From the listing below, count the lines where the string "ground" occurs. Give the number, with no other words.

[Data listing]

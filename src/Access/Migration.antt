-- ===== src/Access/Migration.antt =====
-- The list of the firmware before, and when it comes back.
use rfid_access.Base.{
  ℕ, zero, suc, ◌≤◌, ◌≡◌, refl, sym, ap, ◌∙◌, ltb→ge, inl, inr, ◌⊎◌, subst, Option, Bool, true,
  false, not, ◌&&◌, ◌||◌, List, [], ◌∷◌, none, some, arith, ltb, ◌==◌, length, Text, is_empty,
  Bool-cases,
}
use rfid_access.Roster.{Entry, Roster, allows, hash_of, max_entries, new_entry}
use rfid_access.Roster.Search.{has_hash}
use rfid_access.Roster.Order.{allows-has_hash}
use rfid_access.Roster.Replace.{replace_decides}
use rfid_access.Roster.File.{begin, load, load_file, Disk, Outcome, save_ops, apply_ops, file_bytes}
use rfid_access.Roster.RoundTrip.{Fits}
use rfid_access.Roster.Crash.{cut, cut_live, load-none, loaded_admits}
use rfid_access.Access.{staged_old, migrate_from_nvs, init}

-- One of the rows has a credential with this hash.
abbrev pub lists_hash : (List ℕ → List ℕ) → ℕ → ℕ → List (Text × Text) → Bool
lists_hash sha256 salt h [] = false
lists_hash sha256 salt h ((uid, name) ∷ rows) =
    (not (is_empty uid) && (hash_of sha256 salt uid == h)) || lists_hash sha256 salt h rows

no_rows-has_hash : (h : ℕ) (es : List Entry) → ltb 0 (length es) ≡ false → has_hash h es ≡ false
unfolding has_hash
no_rows-has_hash h [] e = refl
no_rows-has_hash h (x ∷ es) e = absurd (omega (arith, ltb→ge 0 (length (x ∷ es)) e))

module _ (sha256 : List ℕ → List ℕ) where
  has_hash-staged_old :
      (salt h room : ℕ) (rows : List (Text × Text))
      → length rows ≤ room
      → has_hash h (staged_old sha256 salt room rows) ≡ lists_hash sha256 salt h rows
  unfolding staged_old has_hash new_entry
  has_hash-staged_old salt h zero [] e = refl
  has_hash-staged_old salt h zero (x ∷ rows) e = elim e [ ]
  has_hash-staged_old salt h (suc room) [] e = refl
  has_hash-staged_old salt h (suc room) ((uid, name) ∷ rows) e = elim (Bool-cases (is_empty uid)) [
    | inl k ↦ rw k (has_hash-staged_old salt h (suc room) rows (omega arith))
    | inr k ↦ rw (k, has_hash-staged_old salt h room rows (omega arith)) refl
  ]

  length-staged_old :
      (salt room : ℕ) (rows : List (Text × Text)) → length (staged_old sha256 salt room rows) ≤ room
  unfolding staged_old
  length-staged_old salt zero rows = omega arith
  length-staged_old salt (suc room) [] = omega arith
  length-staged_old salt (suc room) ((uid, name) ∷ rows) =
      ground (arith, length-staged_old salt (suc room) rows, length-staged_old salt room rows)

  -- A boot that finds no roster file admits exactly the credentials of the list that the old
  -- firmware kept, of 64 rows at most: also those that were removed from the roster since.
  pub migrated_decides :
      (r : Roster) (fresh : ℕ) (rows : List (Text × Text)) (wrote : Bool) (d : Text)
      → length rows ≤ 64
      → allows sha256 (init sha256 r true true none fresh (some rows) true wrote) d
        ≡ (not (is_empty d) && lists_hash sha256 fresh (hash_of sha256 fresh d) rows)
  unfolding init migrate_from_nvs begin load load_file has_hash
  migrated_decides r fresh rows wrote d len =
      let es = staged_old sha256 fresh 64 rows in
      let h = hash_of sha256 fresh d in
      let r' : Roster = record r {
        entries = [];
        rev = 0;
        salt = fresh;
        persistent = true;
        allocated = true;
      } in
      let few = length-staged_old fresh 64 rows in
      let by_hash : (not (is_empty d) && has_hash h es)
          ≡ (not (is_empty d) && lists_hash sha256 fresh h rows) =
        ap (λ b. not (is_empty d) && b) (has_hash-staged_old fresh h 64 rows len) in
      elim (Bool-cases (ltb 0 (length es))) [
        | inl some_rows ↦
            let (decided, _, _) = replace_decides sha256 r' es 0 true wrote d tt in
            let accepted : (not (ltb max_entries (length es))
                  && true
                  && (not (ltb 0 (length es)) || true))
                ≡ true =
              ground arith in
            rw some_rows (decided ∙ rw accepted by_hash)
        | inr no_rows ↦
            let nothing : has_hash h es ≡ false = no_rows-has_hash h es no_rows in
            rw no_rows (
              allows-has_hash sha256 r' d tt
              ∙ ap (λ b. not (is_empty d) && b) (sym nothing)
              ∙ by_hash)
      ]

  -- A boot on a mounted file system: `old` is the list of the firmware before, if NVS has one.
  abbrev pub boot : Roster → Option (List ℕ) → ℕ → Option (List (Text × Text)) → Bool → Roster
  boot s live fresh old wrote = init sha256 s true true live fresh old true wrote

  -- The list of the firmware before has a credential with this one's hash.
  abbrev pub OldList : ℕ → Option (List (Text × Text)) → Text → Type 0
  OldList fresh none d = ⊥
  OldList fresh (some rows) d = lists_hash sha256 fresh (hash_of sha256 fresh d) rows ≡ true

  abbrev pub ShortList : Option (List (Text × Text)) → Type 0
  ShortList none = Unit {0}
  ShortList (some rows) = length rows ≤ 64

  boot-none :
      (s : Roster) (fresh : ℕ) (old : Option (List (Text × Text))) (wrote : Bool) (d : Text)
      → ShortList old
      → allows sha256 (boot s none fresh old wrote) d ≡ true
      → OldList fresh old d
  unfolding init migrate_from_nvs begin
  boot-none s fresh none wrote d short h =
      let no_one : allows sha256 (load (record s { allocated = true }) true none fresh).0 d
          ≡ false =
        load-none sha256 (record s { allocated = true }) fresh d in
      cc
  boot-none s fresh (some rows) wrote d short h =
      let decided = migrated_decides s fresh rows wrote d short in ground arith

  pub boot-some :
      (s : Roster) (bs : List ℕ) (fresh : ℕ) (old : Option (List (Text × Text))) (wrote : Bool)
      → boot s (some bs) fresh old wrote
        ≡ (load (record s { allocated = true }) true (some bs) fresh).0
  unfolding init begin
  boot-some s bs fresh old wrote = refl

  -- After a power cut at any moment of a save, the boot from what is left, with its migration of the
  -- list that the firmware before kept, admits no credential but those that the boot from the old
  -- file would admit, those that the roster being saved admits, and those that share their hash with
  -- a row of that list, which has 64 rows at most.
  pub cut-boot_admits :
      (r s : Roster) (d : Disk) (o : Outcome) (k n fresh : ℕ) (old : Option (List (Text × Text)))
      (wrote : Bool) (c : Text)
      → Fits r
      → ShortList old
      → allows sha256 (boot s (apply_ops d (cut k n (save_ops r o).0)).live fresh old wrote) c
        ≡ true
      → (allows sha256 (boot s d.live fresh old wrote) c ≡ true)
        ⊎ (allows sha256 r c ≡ true)
        ⊎ OldList fresh old c
  cut-boot_admits r s d o k n fresh old wrote c f short h = elim (cut_live r d o k n) [
    | inl same ↦ inl (subst (λ l. allows sha256 (boot s l fresh old wrote) c ≡ true) same h)
    | inr (inl gone) ↦ inr (
        inr (
          boot-none s fresh old wrote c short
            (subst (λ l. allows sha256 (boot s l fresh old wrote) c ≡ true) gone h)))
    | inr (inr new) ↦
        let s' : Roster = record s { allocated = true } in
        let h' : allows sha256 (load s' true (some (file_bytes r)) fresh).0 c ≡ true =
          subst (λ (x : Roster). allows sha256 x c ≡ true)
            (boot-some s (file_bytes r) fresh old wrote)
            (subst (λ l. allows sha256 (boot s l fresh old wrote) c ≡ true) new h) in
        inr (inl (loaded_admits sha256 r s' fresh c f h'))
  ]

[/Data listing]

Response below: 3